Stories of the founding of cities almost always start controversy, and this story of how Trebizond was or was not founded is no exception to the rule. One of the delegates would not admit that when the Ten Thousand reached the sea the shore where the noble city now stands was a lonely strand.
“It was not like that,” he insisted. “Ours has been a noble city, a Greek colony since the dawn of history, long, long before Troy. It is recorded in our archives that when the Ten Thousand arrived they were escorted by the City Elders to the Shrine of Hercules and there they made appropriate sacrifices to the conductor who had led them, not unscathed, but still safely, through many dangers, to the dancing sea.”
Quite an argument now arose, but I brought it to a conclusion by the statement that by going back to Xenophon their claims would have priority over all other colonial adventurers. It would most certainly suffice.
A few hours later Venizelos came back and thanked us warmly for bridging over the gap between Hoover and the Euxine Pontus.

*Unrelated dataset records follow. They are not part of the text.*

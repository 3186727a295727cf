-- ===== src/Service/Health.antt =====
-- HealthCheck, LiveCheck and GetPeer of gubernator.go. A peer stands with the errors that its client
-- has recorded.
use Prim.Native.String.{◌++◌ as join}
use gubernator.Client.Errors.{ErrorCache, get_last_err, wrapped}
use gubernator.Peers.Hash.{PeerClient, ReplicatedConsistentHash, Pick, get}
use gubernator.Prelude.{
  ℕ, ◌+◌, ◌-◌, ◌%◌, ◌^◌, ℤ, pos, negsuc, String, List, [], ◌∷◌, ◌++◌, map, Bool, ◌&&◌, ltb, ◌==◌,
  str_eq, if◌then◌else◌, length, Option, none, some,
}

pub record Remote (E : Type 0) : Type 0 where
  pub client : PeerClient
  pub last_errs : E

pub record PeerHealthResp : Type 0 where
  pub grpc_address : String
  pub data_center : String

pub data HealthStatus : Type 0 where
  healthy unhealthy : HealthStatus

pub record HealthCheckResp : Type 0 where
  pub status : HealthStatus
  pub message : String
  pub peer_count : ℤ
  pub advertise_address : String
  pub local_peers : List PeerHealthResp
  pub region_peers : List PeerHealthResp

-- The response, or an error with the code Unavailable.
pub data Health : Type 0 where
  serving : HealthCheckResp → Health
  unavailable : String → Health

-- int32(n)
abbrev pub int32_of : ℕ → ℤ
int32_of n = let w = n % 2 ^ 32 in if ltb w (2 ^ 31) then pos w else negsuc (2 ^ 32 - w - 1)

-- strings.Join(errs, "|")
unfoldable pub join_errs : List String → String
join_errs [] = ""
join_errs (e ∷ []) = e
join_errs (e ∷ f ∷ es) = join e (join "|" (join_errs (f ∷ es)))

abbrev pub not_found : String
not_found = "this instance is not found in the peer list"

-- The own address once it is found among the peers; the first that matches stays.
unfoldable pub own_peer_address : {E : Type 0} → String → String → List (Remote E) → String
own_peer_address advertise own [] = own
own_peer_address advertise own (p ∷ ps) =
    let address = p.client.info.grpc_address in
    own_peer_address advertise (if str_eq own "" && str_eq address advertise then address else own)
      ps

abbrev pub peer_health : PeerClient → PeerHealthResp
peer_health p = record { grpc_address = p.info.grpc_address; data_center = p.info.data_center }

-- What a loop over the peers gathers; reading the errors may move them in their cache.
pub record Gathered (E : Type 0) : Type 0 where
  pub peers : List (Remote E)
  pub errs : List String
  pub resps : List PeerHealthResp

-- health.Status and health.Message from the errors and the own address
unfoldable pub judge : List String → HealthCheckResp → HealthCheckResp
judge errs h =
    let h' : HealthCheckResp =
      if length errs == 0
      then h
      else record h { status = HealthStatus.unhealthy; message = join_errs errs } in
    if str_eq h'.advertise_address ""
    then record h' {
      status = HealthStatus.unhealthy;
      message = join_errs (errs ++ (not_found ∷ []));
    }
    else h'

unfoldable pub health_result : HealthCheckResp → Health
health_result h = elim h.status [
  | HealthStatus.healthy ↦ Health.serving h
  | HealthStatus.unhealthy ↦ Health.unavailable h.message
]

module _ {E T : Type 0} (ec : ErrorCache E T) (now : T) where
  unfoldable pub gather : String → List (Remote E) → Gathered E
  gather intro [] = record { peers = []; errs = []; resps = [] }
  gather intro (p ∷ ps) =
      let (errs, msgs) = get_last_err ec now p.last_errs in
      let rest = gather intro ps in
      record {
        peers = record p { last_errs = errs } ∷ rest.peers;
        errs = map (join intro) msgs ++ rest.errs;
        resps = peer_health p.client ∷ rest.resps;
      }

  -- The local peers and those of the other regions, and the health.
  unfoldable pub health_check :
      String → List (Remote E) → List (Remote E) → List (Remote E) × List (Remote E) × Health
  health_check advertise locals regions =
      let here = gather "error returned from local peer.GetLastErr: " locals in
      let there = gather "error returned from region peer.GetLastErr: " regions in
      let errs = here.errs ++ there.errs in
      (
        here.peers,
        there.peers,
        health_result (
            judge errs (record {
              status = HealthStatus.healthy;
              message = "";
              peer_count = int32_of (length locals + length regions);
              advertise_address = own_peer_address advertise "" locals;
              local_peers = here.resps;
              region_peers = there.resps;
            })),
      )

-- LiveCheck: the error's message, or none
unfoldable pub live_check : Bool → Option String
live_check is_closed = if is_closed then some "server is shutting down" else none

-- GetPeer
pub data Found : Type 0 where
  peer : PeerClient → Found
  error : String → Found
  panics : Found

unfoldable pub get_peer : ReplicatedConsistentHash → String → Found
get_peer picker key = elim (get picker key) [
  | Pick.picked p ↦ Found.peer p
  | Pick.pool_is_empty ↦
      Found.error (wrapped "unable to pick a peer; pool is empty" "Error in conf.LocalPicker.Get")
  | Pick.panics ↦ Found.panics
]
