-- ===== src/World/MockStore.antt =====
-- MockStore of store.go: a store in memory, which counts its calls.
use gubernator.Prelude.GoMap.{GoMap, lookup, insert, delete, lookup-insert, lookup-delete}
use gubernator.Prelude.{ℕ, suc, String, [], Option, none, some, str_eq, ◌≡◌, refl, if◌then◌else◌}
use gubernator.Types.{CacheItem, RateLimitReq, hash_key}
use gubernator.World.{Store}

pub record MockStore (F : Type 0) : Type 0 where
  pub called : GoMap ℕ
  pub cache_items : GoMap (CacheItem F)

-- `Called[name] += 1`
unfoldable pub count_call : String → GoMap ℕ → GoMap ℕ
count_call name called =
    insert name (suc (elim (lookup name called) [ none ↦ 0 | some n ↦ n ])) called

module _ {F : Type 0} where
  unfoldable pub new_mock_store : MockStore F
  new_mock_store = record {
    called = insert "Get()" 0 (insert "Remove()" 0 (insert "OnChange()" 0 []));
    cache_items = [];
  }

  unfoldable pub mock_on_change : MockStore F → RateLimitReq → CacheItem F → MockStore F
  mock_on_change ms r item = record {
    called = count_call "OnChange()" ms.called;
    cache_items = insert item.key item ms.cache_items;
  }

  unfoldable pub mock_get : MockStore F → RateLimitReq → MockStore F × Option (CacheItem F)
  mock_get ms r =
      (record ms { called = count_call "Get()" ms.called }, lookup (hash_key r) ms.cache_items)

  unfoldable pub mock_remove : MockStore F → String → MockStore F
  mock_remove ms key = record {
    called = count_call "Remove()" ms.called;
    cache_items = delete key ms.cache_items;
  }

  abbrev pub mock_store : Store F (MockStore F)
  mock_store = record { get = mock_get; on_change = mock_on_change; remove = mock_remove }

  -- For any state of MockStore, Get after OnChange returns the item for a request with the item's
  -- key and what it returned before for any other, Get after Remove returns nothing for a request
  -- with the removed key and what it returned before for any other, and Get after Get returns what
  -- it returned before.
  pub mock_store_lem :
      (ms : MockStore F) (change r : RateLimitReq) (item : CacheItem F) (key : String)
      → ((mock_store.get (mock_store.on_change ms change item) r).1
          ≡ (if str_eq item.key (hash_key r) then some item else (mock_store.get ms r).1))
        × ((mock_store.get (mock_store.remove ms key) r).1
            ≡ (if str_eq key (hash_key r) then none else (mock_store.get ms r).1))
        × ((mock_store.get (mock_store.get ms change).0 r).1 ≡ (mock_store.get ms r).1)
  unfolding mock_get mock_on_change mock_remove
  mock_store_lem ms change r item key = (
    lookup-insert item.key (hash_key r) item ms.cache_items,
    lookup-delete key (hash_key r) ms.cache_items,
    refl,
  )
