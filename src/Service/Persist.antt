-- ===== src/Service/Persist.antt =====
-- NewWorkerPool, Load, Store and GetCacheItem of workers.go, and MockLoader of store.go, an
-- implementation of the Loader interface.
use Prim.Native.String.{◌++◌ as join}
use gubernator.Cache.Lru.{LruCache, new_lru_cache}
use gubernator.Interval.{epoch_millis}
use gubernator.Prelude.GoMap.{GoMap, insert}
use gubernator.Prelude.{
  ℕ, zero, suc, ◌/◌, String, List, [], ◌∷◌, ◌++◌, Option, none, some, Bool, true, ◌&&◌, ltb, ◌==◌,
  if◌then◌else◌, length, get_elem?,
}
use gubernator.Service.Handlers.{Pool, after}
use gubernator.Types.{CacheItem, Metric}
use gubernator.Workers.Commands.{handle_load, handle_store, handle_get_cache_item}
use gubernator.Workers.Ring.{worker_index, compute_hash63}
use gubernator.World.{Runtime}
use gubernator.World.MockStore.{count_call}

-- What a loader reads, or its error.
pub data Loaded (F : Type 0) : Type 0 where
  channel : List (CacheItem F) → Loaded F
  load_err : String → Loaded F

-- The Loader interface, with a state `L`.
pub record Loader (F L : Type 0) : Type 0 where
  pub load : L → L × Loaded F
  pub save : L → List (CacheItem F) → L × Option String

abbrev pub repeat : {A : Type 0} → ℕ → A → List A
repeat zero x = []
repeat (suc n) x = x ∷ repeat n x

-- setter.SetDefault(&conf.CacheSize, 50_000)
abbrev pub default_cache_size : ℕ → ℕ
default_cache_size n = if n == 0 then 50_000 else n

unfoldable pub worker_cache_size : ℕ → ℕ → ℕ
worker_cache_size cache_size workers = default_cache_size cache_size / workers

-- NewWorkerPool with the LRU cache's factory.
unfoldable pub new_worker_pool : {F S : Type 0} → ℕ → ℕ → S → Pool F S
new_worker_pool cache_size workers st = record {
  caches = repeat workers (new_lru_cache (worker_cache_size cache_size workers));
  stored = st;
  metrics = [];
}

unfoldable pub stored_items : {F : Type 0} → List (LruCache F) → List (CacheItem F)
stored_items [] = []
stored_items (c ∷ cs) = handle_store c ++ stored_items cs

-- WorkerPool.Store; the workers send their items in turn.
unfoldable pub store : {F S L : Type 0} → Loader F L → L → Pool F S → L × Option String
store loader l p =
    let (l', failed) = loader.save l (stored_items p.caches) in
    (
      l',
      elim failed [ none ↦ none | some e ↦ some (join "while calling p.conf.Loader.Save(): " e) ],
    )

module _ {F S T : Type 0} (rt : Runtime F S T) (sum : String → ℕ) where
  abbrev pub worker_of : ℕ → CacheItem F → ℕ
  worker_of n item = worker_index n (compute_hash63 sum item.key)

  -- The items that come to the worker at an index, in their order.
  unfoldable pub items_for : ℕ → ℕ → List (CacheItem F) → List (CacheItem F)
  items_for n i [] = []
  items_for n i (item ∷ rest) =
      let others = items_for n i rest in if worker_of n item == i then item ∷ others else others

  -- getWorker on every item; an index outside the slice is a panic.
  unfoldable pub have_workers : ℕ → List (CacheItem F) → Bool
  have_workers n [] = true
  have_workers n (item ∷ rest) = ltb (worker_of n item) n && have_workers n rest

  -- Each worker loads the items of its channel; `i` is the index of the first.
  unfoldable pub load_workers :
      T → ℕ → ℕ → List (CacheItem F) → List (LruCache F) → List (LruCache F) × List (Metric F)
  load_workers now n i items [] = ([], [])
  load_workers now n i items (c ∷ cs) =
      let (c', ms) = handle_load rt.fl (epoch_millis rt.cal now) (items_for n i items) c in
      let (cs', ms') = load_workers now n (suc i) items cs in (c' ∷ cs', ms' ++ ms)

  -- The pool with the loaded items.
  unfoldable pub load_items : T → List (CacheItem F) → Pool F S → Option (Pool F S)
  load_items now items p =
      let n = length p.caches in
      let (cs, ms) = load_workers now n 0 items p.caches in
      if have_workers n items
      then some (record p { caches = cs; metrics = ms ++ p.metrics })
      else none

  module _ {L : Type 0} (loader : Loader F L) where
    -- WorkerPool.Load: the loader's state, the pool, and the error if there is one.
    unfoldable pub load : T → L → Pool F S → Option (L × Pool F S × Option String)
    load now l p =
        let (l', read) = loader.load l in
        elim read [
          | Loaded.load_err e ↦ some (l', p, some (join "Error in loader.Load: " e))
          | Loaded.channel items ↦ elim (load_items now items p) [
            | none ↦ none
            | some p' ↦ some (l', p', none)
          ]
        ]

  -- WorkerPool.GetCacheItem
  unfoldable pub get_cache_item : T → String → Pool F S → Option (Pool F S × Option (CacheItem F))
  get_cache_item now key p =
      let i = worker_index (length p.caches) (compute_hash63 sum key) in
      elim (get_elem? p.caches i) [
        | none ↦ none
        | some c ↦
            let (c', found, ms) = handle_get_cache_item (epoch_millis rt.cal now) key c in
            some (
              after i (record { cache = c'; stored = p.stored; metrics = ms ++ p.metrics }) p,
              found,
            )
      ]

-- MockLoader
pub record MockLoader (F : Type 0) : Type 0 where
  pub called : GoMap ℕ
  pub cache_items : List (CacheItem F)

unfoldable pub new_mock_loader : {F : Type 0} → MockLoader F
new_mock_loader = record { called = insert "Save()" 0 (insert "Load()" 0 []); cache_items = [] }

unfoldable pub mock_load : {F : Type 0} → MockLoader F → MockLoader F × Loaded F
mock_load ml = (record ml { called = count_call "Load()" ml.called }, Loaded.channel ml.cache_items)

unfoldable pub mock_save :
    {F : Type 0} → MockLoader F → List (CacheItem F) → MockLoader F × Option String
mock_save ml items = (
  record ml { called = count_call "Save()" ml.called; cache_items = ml.cache_items ++ items },
  none,
)

abbrev pub mock_loader : {F : Type 0} → Loader F (MockLoader F)
mock_loader = record { load = mock_load; save = mock_save }
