-- ===== src/Types/Flags.antt =====
-- HasBehavior and SetBehavior on the flags of the enumeration Behavior, which fit six bits.
use gubernator.Prelude.{
  ℕ, zero, suc, ◌^◌, ◌<◌, Bool, true, false, not, ◌&&◌, ◌≡◌, refl, arith, Bool-cases, inl, inr,
  ◌==◌, if◌then◌else◌,
}
use gubernator.Types.Messages.{has_behavior, set_behavior}

abbrev eq_Bool : Bool → Bool → Bool
eq_Bool true b = b
eq_Bool false b = not b

-- Does the test hold of each index under the bound?
pub holds_under : (ℕ → Bool) → ℕ → Bool
holds_under test zero = true
holds_under test (suc bound) =
    let rest = holds_under test bound in if test bound then rest else false

pub holds_at :
    (test : ℕ → Bool) (bound : ℕ)
    → holds_under test bound ≡ true
    → (i : ℕ) → i < bound
    → test i ≡ true
unfolding holds_under
holds_at test (suc bound) h i lt = elim (Bool-cases (test bound)) [
  | inl here ↦ ground (arith, here, holds_at test bound (ground (arith, here)) i)
  | inr gone ↦ ground (arith, gone)
]
holds_at test zero h i lt = absurd (omega (arith, lt))

and_left : (a b : Bool) → (a && b) ≡ true → (a ≡ true) × (b ≡ true)
and_left true b h = (refl, h)
and_left false b h = ground arith

eq_Bool_sound : (a b : Bool) → eq_Bool a b ≡ true → a ≡ b
eq_Bool_sound a b h = ground arith

-- After a write to flag `i`, flag `j` reads what was written or what it was.
abbrev after : ℕ → ℕ → ℕ → Bool → Bool
after b i j set = if i == j then set else has_behavior b (2 ^ j)

abbrev written : ℕ → ℕ → ℕ → Bool → Bool
written b i j set = eq_Bool (has_behavior (set_behavior b (2 ^ i) set) (2 ^ j)) (after b i j set)

abbrev table_row : ℕ → ℕ → ℕ → Bool
table_row b i j = written b i j true && written b i j false

table : holds_under (λ b. holds_under (λ i. holds_under (λ j. table_row b i j) 6) 6) 64 ≡ true
unfolding holds_under has_behavior set_behavior
table = refl

row : (b i j : ℕ) → b < 64 → i < 6 → j < 6 → table_row b i j ≡ true
row b i j p q r = holds_at _ 6 (holds_at _ 6 (holds_at _ 64 table b p) i q) j r

-- On a behavior of six bits, after SetBehavior writes one of the six flags, HasBehavior reads what
-- was written from that flag, and what was there from each other flag.
pub has_behavior-set_behavior :
    (b i j : ℕ) (set : Bool)
    → b < 64
    → i < 6
    → j < 6
    → has_behavior (set_behavior b (2 ^ i) set) (2 ^ j)
      ≡ (if i == j then set else has_behavior b (2 ^ j))
has_behavior-set_behavior b i j true p q r = eq_Bool_sound _ _ (and_left _ _ (row b i j p q r)).0
has_behavior-set_behavior b i j false p q r = eq_Bool_sound _ _ (and_left _ _ (row b i j p q r)).1

-- A behavior of six bits with NO_BATCHING set and GLOBAL cleared has no GLOBAL.
global_cleared :
    holds_under (λ b. not (has_behavior (set_behavior (set_behavior b 1 true) 2 false) 2)) 64 ≡ true
unfolding holds_under has_behavior set_behavior
global_cleared = refl

pub has_behavior_cleared :
    (b : ℕ) → b < 64 → has_behavior (set_behavior (set_behavior b 1 true) 2 false) 2 ≡ false
has_behavior_cleared b p = ground (
  arith,
  holds_at (λ a. not (has_behavior (set_behavior (set_behavior a 1 true) 2 false) 2)) 64
      global_cleared b p,
)
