-- ===== src/ObjectStore/Worm.antt =====
-- lib/s3-json-object-store.js: objects are written once, and read back as they were written.
use tanden_trust_audit_poc.Base.{
  String, some, Result, ok, err, ◌>>=◌, ◌≡◌, ◌≢◌, ◌⊎◌, inl, inr, refl, ap, ◌∙◌, arith,
  String-discrete, Bool-cases,
}
use tanden_trust_audit_poc.Json.{Json}
use tanden_trust_audit_poc.Platform.{Bytes}
use tanden_trust_audit_poc.ObjectStore.Key.{ObjectStoreError, Paths, assert_valid_object_key}
use tanden_trust_audit_poc.ObjectStore.Local.{JsonText}
use tanden_trust_audit_poc.ObjectStore.Bucket.{
  S3Error, Body, PutObjectInput, S3Client, BucketPut, is_precondition_failed_error, put_input,
  stream_to_string, put_answered, put_under, put_json_object, get_answered, get_json_object,
}

-- What S3 documents: a conditional write of a key that is there is refused and writes nothing, a
-- write that is answered with success stores its body, and no write concerns another object.
pub record IsBucketService (utf8 : Bytes → String) (c : S3Client) : Type 0 where
  pub conditional_lem :
      (input : PutObjectInput) (body : Body) (s : c.State)
      → input.if_none_match ≡ "*"
      → c.get_object input.bucket input.key s ≡ ok body
      → (e : S3Error) × (c.put_object input s ≡ (err e, s))
  pub stored_lem :
      (input : PutObjectInput) (s s' : c.State)
      → c.put_object input s ≡ (ok tt, s')
      → (body : Body) × (c.get_object input.bucket input.key s' ≡ ok body)
        × (stream_to_string utf8 body ≡ ok input.body)
  pub others_lem :
      (input : PutObjectInput) (bucket key : String) (s : c.State)
      → (bucket ≢ input.bucket) ⊎ (key ≢ input.key)
      → c.get_object bucket key (c.put_object input s).1 ≡ c.get_object bucket key s

module _ (paths : Paths) (json : JsonText) (utf8 : Bytes → String) (c : S3Client)
    (laws : IsBucketService utf8 c) where
  put_object-kept :
      (input : PutObjectInput) (bucket key : String) (body : Body) (s : c.State)
      → input.if_none_match ≡ "*"
      → c.get_object bucket key s ≡ ok body
      → c.get_object bucket key (c.put_object input s).1 ≡ ok body
  put_object-kept input bucket key body s conditional held =
      elim (String-discrete bucket input.bucket) [
        | no differs ↦ laws.others_lem input bucket key s (inl differs) ∙ held
        | yes same_bucket ↦ elim (String-discrete key input.key) [
          | no differs ↦ laws.others_lem input bucket key s (inr differs) ∙ held
          | yes same_key ↦
              let (e, refused) =
                laws.conditional_lem input body s conditional
                  (rw (← same_bucket, ← same_key) held) in
              rw refused held
        ]
      ]

  put_answered-state :
      (bucket key body : String) (r : Result S3Error (Unit {0}) × c.State)
      → (put_answered paths json utf8 c bucket key body r).1 ≡ r.1
  put_answered-state bucket key body (ok u, s) = unfold put_answered in refl
  put_answered-state bucket key body (err e, s) = unfold put_answered in refl

  get_answered-ok :
      (r : Result S3Error Body) (v : Json)
      → get_answered paths json utf8 c r ≡ ok v
      → (body : Body) × (r ≡ ok body)
  get_answered-ok (ok body) v h = (body, refl)
  get_answered-ok (err e) v h = absurd (unfold get_answered in ground arith)

  -- What `getJsonObject` returns for some bucket and key, it returns after any `putJsonObject`,
  -- whatever that is given and whether it returns or throws.
  pub put_json_object-WriteOnce :
      (bucket bucket' : String) (key key' value v : Json) (s : c.State)
      → get_json_object paths json utf8 c bucket' key' s ≡ ok v
      → get_json_object paths json utf8 c bucket' key'
          (put_json_object paths json utf8 c bucket key value s).1
        ≡ ok v
  put_json_object-WriteOnce bucket bucket' key key' value v s held =
      unfold get_json_object put_json_object in
      at_key (assert_valid_object_key paths key) (assert_valid_object_key paths key')
        (unfold get_json_object in held)
    where
      at_key :
          (r r' : Result ObjectStoreError String)
          → (r' >>= λ normalized.
              get_answered paths json utf8 c (c.get_object bucket' normalized s))
            ≡ ok v
          → (r' >>= λ normalized.
              get_answered paths json utf8 c
                (c.get_object bucket' normalized (put_under paths json utf8 c bucket value r s).1))
            ≡ ok v
      at_key r (err e) h = absurd (ground arith)
      at_key (err e) (ok normalized) h = unfold put_under in h
      at_key (ok target) (ok normalized) h =
          let input = put_input paths json utf8 c bucket target (json.print value) in
          let (body, found) = get_answered-ok (c.get_object bucket' normalized s) v h in
          let kept = put_object-kept input bucket' normalized body s refl found in
          let state = put_answered-state bucket target (json.print value) (c.put_object input s) in
          unfold put_under in rw (state, kept) (rw (← found) h)

  -- A `putJsonObject` that returns has stored an object that was not there, and `getJsonObject` of
  -- the same key gives its value back, for a value that JSON prints and parses to itself.
  pub put_json_object-stored :
      (bucket : String) (key value : Json) (put : BucketPut) (s s' : c.State)
      → json.parse (json.print value) ≡ some value
      → put_json_object paths json utf8 c bucket key value s ≡ (ok put, s')
      → ((v : Json) → get_json_object paths json utf8 c bucket key s ≢ ok v)
        × (get_json_object paths json utf8 c bucket key s' ≡ ok value)
        × (assert_valid_object_key paths key ≡ ok put.key)
  put_json_object-stored bucket key value put s s' prints h =
      unfold get_json_object in go (assert_valid_object_key paths key) (unfold put_json_object in h)
    where
      Goal : Result ObjectStoreError String → Type 0
      Goal r =
          ((v : Json)
            → (r >>= λ k. get_answered paths json utf8 c (c.get_object bucket k s)) ≢ ok v)
          × ((r >>= λ k. get_answered paths json utf8 c (c.get_object bucket k s')) ≡ ok value)
          × (r ≡ ok put.key)

      at_answer :
          (k : String) (r : Result S3Error (Unit {0}) × c.State)
          → c.put_object (put_input paths json utf8 c bucket k (json.print value)) s ≡ r
          → put_answered paths json utf8 c bucket k (json.print value) r ≡ (ok put, s')
          → Goal (ok k)
      at_answer k (err e, s'') sent h = absurd (elim (Bool-cases (is_precondition_failed_error e)) [
        | inl b ↦ unfold put_answered in ground arith
        | inr b ↦ unfold put_answered in ground arith
      ])
      at_answer k (ok tt, s'') sent h =
          let same_state : s'' ≡ s' = unfold put_answered in ground arith in
          let same_key : k ≡ put.key = unfold put_answered in ground arith in
          let input = put_input paths json utf8 c bucket k (json.print value) in
          let (body, found, text) = laws.stored_lem input s s'' sent in
          (
            λ v there.
                let (before, present) = get_answered-ok (c.get_object bucket k s) v there in
                let (e, refused) = laws.conditional_lem input before s refl present in ground arith,
            rw (← same_state) (unfold get_answered in rw (found, text, prints) refl),
            ap ok same_key,
          )

      go :
          (r : Result ObjectStoreError String)
          → put_under paths json utf8 c bucket value r s ≡ (ok put, s')
          → Goal r
      go (err e) h = absurd (unfold put_under in ground arith)
      go (ok k) h =
          at_answer k (c.put_object (put_input paths json utf8 c bucket k (json.print value)) s)
            refl (unfold put_under in h)
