-- ===== src/Processing.antt =====
-- lib/evidence-processing-service.js: evidence is checked, signed, stored and entered in the ledger.
pub mod Service
pub mod Accounted
pub mod Event
pub mod Processes
pub mod Confirmed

“But I have told them that I cannot claim the south shore of the Black Sea, as my hands are quite full with Thrace and Anatolia. I told them to ‘go home, make all the money you can, and send it back to the mother country. If you do that, we shall always cherish you’ —and they went away well pleased.” Then, as an afterthought, the Greek Premier said: “Often it seems to me wiser, and certainly more helpful, to have commercial marts rather than political colonies beyond the seas. But for the contributions that came from them in a steady stream we never could have faced the financial strain of this cruel and most costly war. It was our merchants in Cairo and Constantinople, in Liverpool and in Norfolk, Virginia, who kept us afloat.”